The charge on $6.00\text{μF}$ and $3.00\text{μF}$ capacitors is $180\text{μC}$

The charge on $2.00\text{μF}$ and $4.00\text{μF}$ capacitors is $120\text{μC}$

Explanation of Solution

Formula to calculate the charge on $6.00\text{μF}$ and $3.00\text{μF}$ capacitors is,

$Q_1=C_p^{t}V$

Therefore,

$Q_1=\left(\frac{C_{6.00\text{μF}}{C}_{3.00\text{μF}}}{C_{6.00\text{μF}}+C_{3.00\text{μF}}}\right)V$

Substitute $6.00\text{μF}$ for $C_{6.00\text{μF}}$,$3.00\text{μF}$ for $C_{3.00\text{μF}}$ and 90.0 V for V.
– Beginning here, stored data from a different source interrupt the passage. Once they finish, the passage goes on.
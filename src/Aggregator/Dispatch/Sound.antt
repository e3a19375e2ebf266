-- ===== src/Aggregator/Dispatch/Sound.antt =====
-- What a dispatch does to the registry, on each of its paths.
use Prim.Native.String.{String}
use vectorhawkd.Base.{
  ◌+◌, ◌^◌, ◌≤◌, ◌<◌, ◌≡◌, ◌≢◌, refl, ap, true, false, some, arith, eq_refl, lookup, lookup-adjust,
  Result, ok, err, is_ok, inl, inr, Option-cases,
}
use vectorhawkd.Base.Json.{Json}
use vectorhawkd.Aggregator.Names.{parse_tool_name}
use vectorhawkd.Aggregator.Backend.{BackendEntry, Tokens, record_error, unhealthy_threshold}
use vectorhawkd.Aggregator.Registry.{Registry, settle}
use vectorhawkd.Aggregator.Registry.Bounds.{settled, Reach, next}
use vectorhawkd.Aggregator.Dispatch.{
  DispatchError, DispatchTarget, backend_unhealthy, Outside, select, perform, dispatch,
}

module _ (out : Outside) (tokens : Tokens) (others : Registry → Registry) (name : String)
    (args : Json) where
  -- A name that is no backend's tool, or a refused one, leaves the registry as it is.
  dispatch-refused :
      (r : Registry)
      → ((id tool : String) (t : DispatchTarget) → select tokens r name ≢ some (id, tool, ok t))
      → (dispatch out tokens others name args r).1 ≡ r
  unfolding dispatch
  dispatch-refused r h = elim (Option-cases (select tokens r name)) [
    | inl e ↦ rw e refl
    | inr (found, e) ↦ refused found e
  ]
    where
      refused :
          (found : String × String × Result DispatchError DispatchTarget)
          → select tokens r name ≡ some found
          → (dispatch out tokens others name args r).1 ≡ r
      refused (id, tool, ok t) e = absurd (h id tool t e)
      refused (id, tool, err x) e = rw e refl

  -- A selected tool is called once, and the outcome is recorded on its server.
  pub dispatch-selected :
      (r : Registry) (id tool : String) (t : DispatchTarget)
      → select tokens r name ≡ some (id, tool, ok t)
      → dispatch out tokens others name args r
        ≡ (some (perform out t tool args), settle id (is_ok (perform out t tool args)) (others r))
  unfolding dispatch
  dispatch-selected r id tool t e = rw e refl

-- A registry after a failed call.
lookup-settle_error :
    (id : String) (r : Registry) (b : BackendEntry)
    → lookup id r.backends ≡ some b
    → lookup id (settle id false r).backends ≡ some (record_error b).0
unfolding settle
lookup-settle_error id r b e = rw lookup-adjust (rw (e, eq_refl id) refl)

-- A failure that reaches the threshold closes the backend: whatever tool of it is dispatched
-- next is refused as unhealthy.
pub failure-closes :
    (out : Outside) (tokens : Tokens) (name : String) (args : Json) (r : Registry)
    (id tool : String) (t : DispatchTarget) (b : BackendEntry)
    → select tokens r name ≡ some (id, tool, ok t)
    → lookup id r.backends ≡ some b
    → unhealthy_threshold ≤ b.consecutive_errors + 1
    → b.consecutive_errors + 1 < 2 ^ 32
    → is_ok (perform out t tool args) ≡ false
    → (name' tool' : String) → parse_tool_name name' ≡ some (id, tool')
    → select tokens (dispatch out tokens (λ s. s) name args r).1 name'
      ≡ some (id, tool', err (backend_unhealthy id))
unfolding select record_error
failure-closes out tokens name args r id tool t b chosen found reached low failed name' tool'
      parsed =
    let after = dispatch-selected out tokens (λ s. s) name args r id tool t chosen in
    let ill : (record_error b).0.unhealthy ≡ true = ground arith in
    rw (ap (λ p. p.1) after)
      (rw failed (rw (parsed, lookup-settle_error id r b found) (rw ill refl)))

-- A dispatch is a step of the registry's relation after whatever others did.
pub dispatch-Reach :
    (out : Outside) (tokens : Tokens) (others : Registry → Registry) (name : String) (args : Json)
    (r : Registry)
    → Reach r
    → Reach (others r)
    → Reach (dispatch out tokens others name args r).1
unfolding dispatch
dispatch-Reach out tokens others name args r before after =
    elim (Option-cases (select tokens r name)) [
      | inl e ↦ rw e before
      | inr (found, e) ↦ step found e
    ]
  where
    step :
        (found : String × String × Result DispatchError DispatchTarget)
        → select tokens r name ≡ some found
        → Reach (dispatch out tokens others name args r).1
    step (id, tool, ok t) e =
        rw e (next after (settled id (is_ok (perform out t tool args)) (others r)))
    step (id, tool, err x) e = rw e before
$\begin{array}{c}{Q}_1=\left(\frac{\left(6.00\text{μF}\right)\left(3.00\text{μF}\right)}{\left(6.00\text{μF}\right)+\left(3.00\text{μF}\right)}\right)\left(90.0\text{V}\right)\\ =180\text{μC}\end{array}$

Formula to calculate the charge on $2.00\text{μF}$ and $4.00\text{μF}$ capacitors is,

$Q_2=C_p^{b}V$

Therefore,

$Q_2=\left(\frac{C_{2.00\text{μF}}{C}_{4.00\text{μF}}}{C_{2.00\text{μF}}+C_{4.00\text{μF}}}\right)V$

Substitute $2.00\text{μF}$ for $C_{2.00\text{μF}}$,$4.00\text{μF}$ for $C_{4.00\text{μF}}$$C_{3.00\text{μF}}$ and 90.0 V for V.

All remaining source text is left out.